* **REQUIREMENT**: Across all the entries, tally the lines holding the word "seen", and give the number by itself.

* **Collected data entries**:
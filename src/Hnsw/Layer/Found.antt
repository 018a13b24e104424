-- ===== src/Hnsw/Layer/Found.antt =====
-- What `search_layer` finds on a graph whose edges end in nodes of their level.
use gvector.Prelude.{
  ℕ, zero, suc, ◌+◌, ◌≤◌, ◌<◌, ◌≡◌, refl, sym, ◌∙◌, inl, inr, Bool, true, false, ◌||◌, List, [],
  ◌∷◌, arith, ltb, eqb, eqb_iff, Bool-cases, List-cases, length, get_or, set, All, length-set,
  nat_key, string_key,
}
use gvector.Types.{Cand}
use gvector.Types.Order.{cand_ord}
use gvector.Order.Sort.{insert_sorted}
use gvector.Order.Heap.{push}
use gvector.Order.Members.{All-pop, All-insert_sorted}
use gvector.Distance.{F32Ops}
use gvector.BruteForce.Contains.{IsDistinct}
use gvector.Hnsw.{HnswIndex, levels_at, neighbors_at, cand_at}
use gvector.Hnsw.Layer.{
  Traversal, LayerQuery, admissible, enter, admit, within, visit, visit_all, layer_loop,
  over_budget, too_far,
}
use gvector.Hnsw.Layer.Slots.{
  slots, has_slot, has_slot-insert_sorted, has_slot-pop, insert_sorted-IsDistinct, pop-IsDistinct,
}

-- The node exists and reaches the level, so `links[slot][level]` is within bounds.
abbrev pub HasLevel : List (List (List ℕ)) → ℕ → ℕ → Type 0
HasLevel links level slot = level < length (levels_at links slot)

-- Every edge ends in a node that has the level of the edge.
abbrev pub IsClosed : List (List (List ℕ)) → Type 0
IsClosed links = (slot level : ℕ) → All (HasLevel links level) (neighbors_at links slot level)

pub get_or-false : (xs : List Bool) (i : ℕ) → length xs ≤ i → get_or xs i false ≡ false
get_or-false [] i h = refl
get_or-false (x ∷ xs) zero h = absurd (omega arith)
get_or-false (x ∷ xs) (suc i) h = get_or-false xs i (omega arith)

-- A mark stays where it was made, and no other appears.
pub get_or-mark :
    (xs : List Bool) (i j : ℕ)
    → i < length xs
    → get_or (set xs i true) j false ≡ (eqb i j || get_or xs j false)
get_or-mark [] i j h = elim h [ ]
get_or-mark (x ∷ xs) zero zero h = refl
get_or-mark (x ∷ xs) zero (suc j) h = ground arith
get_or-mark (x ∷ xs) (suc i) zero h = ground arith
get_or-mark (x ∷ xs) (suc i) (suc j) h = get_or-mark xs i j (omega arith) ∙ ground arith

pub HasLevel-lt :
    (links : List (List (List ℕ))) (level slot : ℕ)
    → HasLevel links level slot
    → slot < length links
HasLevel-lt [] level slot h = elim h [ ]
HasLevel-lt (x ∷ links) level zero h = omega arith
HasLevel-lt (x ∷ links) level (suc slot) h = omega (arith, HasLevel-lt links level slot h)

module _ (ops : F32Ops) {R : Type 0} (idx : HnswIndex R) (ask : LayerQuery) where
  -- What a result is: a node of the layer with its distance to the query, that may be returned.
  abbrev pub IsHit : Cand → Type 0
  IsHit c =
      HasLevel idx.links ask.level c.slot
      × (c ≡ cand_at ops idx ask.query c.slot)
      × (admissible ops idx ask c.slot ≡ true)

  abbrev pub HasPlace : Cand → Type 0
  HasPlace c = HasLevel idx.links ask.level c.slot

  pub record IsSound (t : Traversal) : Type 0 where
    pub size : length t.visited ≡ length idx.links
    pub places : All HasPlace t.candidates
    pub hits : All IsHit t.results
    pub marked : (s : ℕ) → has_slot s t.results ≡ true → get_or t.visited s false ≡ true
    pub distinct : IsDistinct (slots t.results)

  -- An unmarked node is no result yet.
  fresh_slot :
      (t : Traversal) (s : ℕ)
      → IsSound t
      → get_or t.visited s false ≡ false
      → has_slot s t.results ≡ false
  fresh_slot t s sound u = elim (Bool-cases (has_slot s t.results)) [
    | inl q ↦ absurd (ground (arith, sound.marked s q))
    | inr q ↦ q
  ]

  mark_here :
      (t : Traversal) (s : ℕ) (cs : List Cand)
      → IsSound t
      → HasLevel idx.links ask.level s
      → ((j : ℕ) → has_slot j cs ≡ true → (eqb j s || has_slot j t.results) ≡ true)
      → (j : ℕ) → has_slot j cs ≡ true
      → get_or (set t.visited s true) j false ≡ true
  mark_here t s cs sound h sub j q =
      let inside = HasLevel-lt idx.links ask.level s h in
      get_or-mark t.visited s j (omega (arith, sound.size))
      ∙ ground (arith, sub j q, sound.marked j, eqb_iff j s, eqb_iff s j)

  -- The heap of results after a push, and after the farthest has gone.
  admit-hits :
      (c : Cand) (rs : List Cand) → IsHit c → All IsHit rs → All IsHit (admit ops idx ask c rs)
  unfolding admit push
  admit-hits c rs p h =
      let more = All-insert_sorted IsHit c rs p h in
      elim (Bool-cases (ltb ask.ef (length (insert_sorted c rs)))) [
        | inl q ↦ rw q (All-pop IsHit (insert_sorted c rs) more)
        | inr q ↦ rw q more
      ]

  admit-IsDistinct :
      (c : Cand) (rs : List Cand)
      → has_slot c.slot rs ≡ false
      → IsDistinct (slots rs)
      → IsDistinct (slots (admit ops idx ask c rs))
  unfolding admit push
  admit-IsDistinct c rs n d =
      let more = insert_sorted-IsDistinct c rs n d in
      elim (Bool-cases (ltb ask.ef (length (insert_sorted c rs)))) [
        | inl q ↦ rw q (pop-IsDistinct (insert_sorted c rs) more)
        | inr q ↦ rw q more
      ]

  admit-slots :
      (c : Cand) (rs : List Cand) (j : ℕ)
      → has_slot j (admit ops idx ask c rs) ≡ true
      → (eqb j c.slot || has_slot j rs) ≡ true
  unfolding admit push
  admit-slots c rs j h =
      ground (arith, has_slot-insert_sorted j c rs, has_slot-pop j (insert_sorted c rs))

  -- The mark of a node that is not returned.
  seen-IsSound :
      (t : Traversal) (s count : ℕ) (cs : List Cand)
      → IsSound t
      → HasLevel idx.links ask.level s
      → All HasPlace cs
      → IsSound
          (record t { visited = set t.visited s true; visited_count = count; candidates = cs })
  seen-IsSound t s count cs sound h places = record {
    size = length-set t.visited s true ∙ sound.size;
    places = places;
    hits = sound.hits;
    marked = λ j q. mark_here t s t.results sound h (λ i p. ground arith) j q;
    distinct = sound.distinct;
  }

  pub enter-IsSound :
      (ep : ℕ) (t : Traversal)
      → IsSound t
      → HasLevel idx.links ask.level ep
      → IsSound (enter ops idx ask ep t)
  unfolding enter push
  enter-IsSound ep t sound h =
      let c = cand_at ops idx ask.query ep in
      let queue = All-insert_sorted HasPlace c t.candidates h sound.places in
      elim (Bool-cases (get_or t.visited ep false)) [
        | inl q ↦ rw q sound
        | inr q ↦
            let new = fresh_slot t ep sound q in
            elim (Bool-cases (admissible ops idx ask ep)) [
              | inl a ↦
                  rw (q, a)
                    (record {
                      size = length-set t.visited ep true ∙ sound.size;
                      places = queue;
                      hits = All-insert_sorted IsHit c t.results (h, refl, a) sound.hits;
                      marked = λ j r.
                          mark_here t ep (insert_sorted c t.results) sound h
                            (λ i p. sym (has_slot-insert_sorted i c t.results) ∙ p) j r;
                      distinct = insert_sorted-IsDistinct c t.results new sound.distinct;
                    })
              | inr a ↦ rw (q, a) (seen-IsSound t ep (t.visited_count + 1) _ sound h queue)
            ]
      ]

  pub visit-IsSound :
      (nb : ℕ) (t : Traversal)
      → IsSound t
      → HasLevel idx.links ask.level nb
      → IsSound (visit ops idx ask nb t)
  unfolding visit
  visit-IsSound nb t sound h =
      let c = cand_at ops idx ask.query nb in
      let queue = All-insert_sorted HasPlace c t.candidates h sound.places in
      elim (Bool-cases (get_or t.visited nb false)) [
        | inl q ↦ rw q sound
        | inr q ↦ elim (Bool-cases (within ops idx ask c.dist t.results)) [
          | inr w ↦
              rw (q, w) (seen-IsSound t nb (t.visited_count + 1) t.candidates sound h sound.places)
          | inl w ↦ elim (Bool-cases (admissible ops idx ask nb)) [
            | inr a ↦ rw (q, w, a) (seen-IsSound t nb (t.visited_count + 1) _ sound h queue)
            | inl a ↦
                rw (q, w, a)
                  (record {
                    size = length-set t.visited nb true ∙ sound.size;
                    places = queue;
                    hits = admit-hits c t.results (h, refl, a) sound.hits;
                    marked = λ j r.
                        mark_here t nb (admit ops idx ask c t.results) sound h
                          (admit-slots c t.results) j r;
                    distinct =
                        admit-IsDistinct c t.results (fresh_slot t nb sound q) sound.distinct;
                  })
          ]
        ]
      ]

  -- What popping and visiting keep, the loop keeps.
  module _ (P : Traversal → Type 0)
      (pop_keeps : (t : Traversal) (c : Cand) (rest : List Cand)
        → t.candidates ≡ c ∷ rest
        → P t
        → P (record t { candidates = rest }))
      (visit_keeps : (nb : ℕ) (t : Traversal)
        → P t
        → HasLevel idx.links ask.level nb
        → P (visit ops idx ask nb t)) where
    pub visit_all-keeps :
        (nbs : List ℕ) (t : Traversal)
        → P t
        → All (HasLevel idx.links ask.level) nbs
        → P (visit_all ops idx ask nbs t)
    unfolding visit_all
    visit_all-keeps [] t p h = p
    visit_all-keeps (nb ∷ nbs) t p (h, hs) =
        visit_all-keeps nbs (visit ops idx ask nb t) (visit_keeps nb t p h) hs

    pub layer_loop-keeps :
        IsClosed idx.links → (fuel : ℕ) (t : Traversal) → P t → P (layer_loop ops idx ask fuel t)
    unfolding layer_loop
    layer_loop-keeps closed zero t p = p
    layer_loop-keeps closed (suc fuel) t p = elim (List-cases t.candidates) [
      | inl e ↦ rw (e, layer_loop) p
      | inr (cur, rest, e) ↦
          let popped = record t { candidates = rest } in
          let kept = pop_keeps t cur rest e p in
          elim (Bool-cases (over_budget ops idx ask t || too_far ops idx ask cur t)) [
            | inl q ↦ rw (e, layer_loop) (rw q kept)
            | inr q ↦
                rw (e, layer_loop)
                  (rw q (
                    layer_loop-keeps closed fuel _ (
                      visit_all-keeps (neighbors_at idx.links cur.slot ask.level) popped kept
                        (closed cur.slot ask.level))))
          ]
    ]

* **RESPONSE TO THE EXERCISE**: 5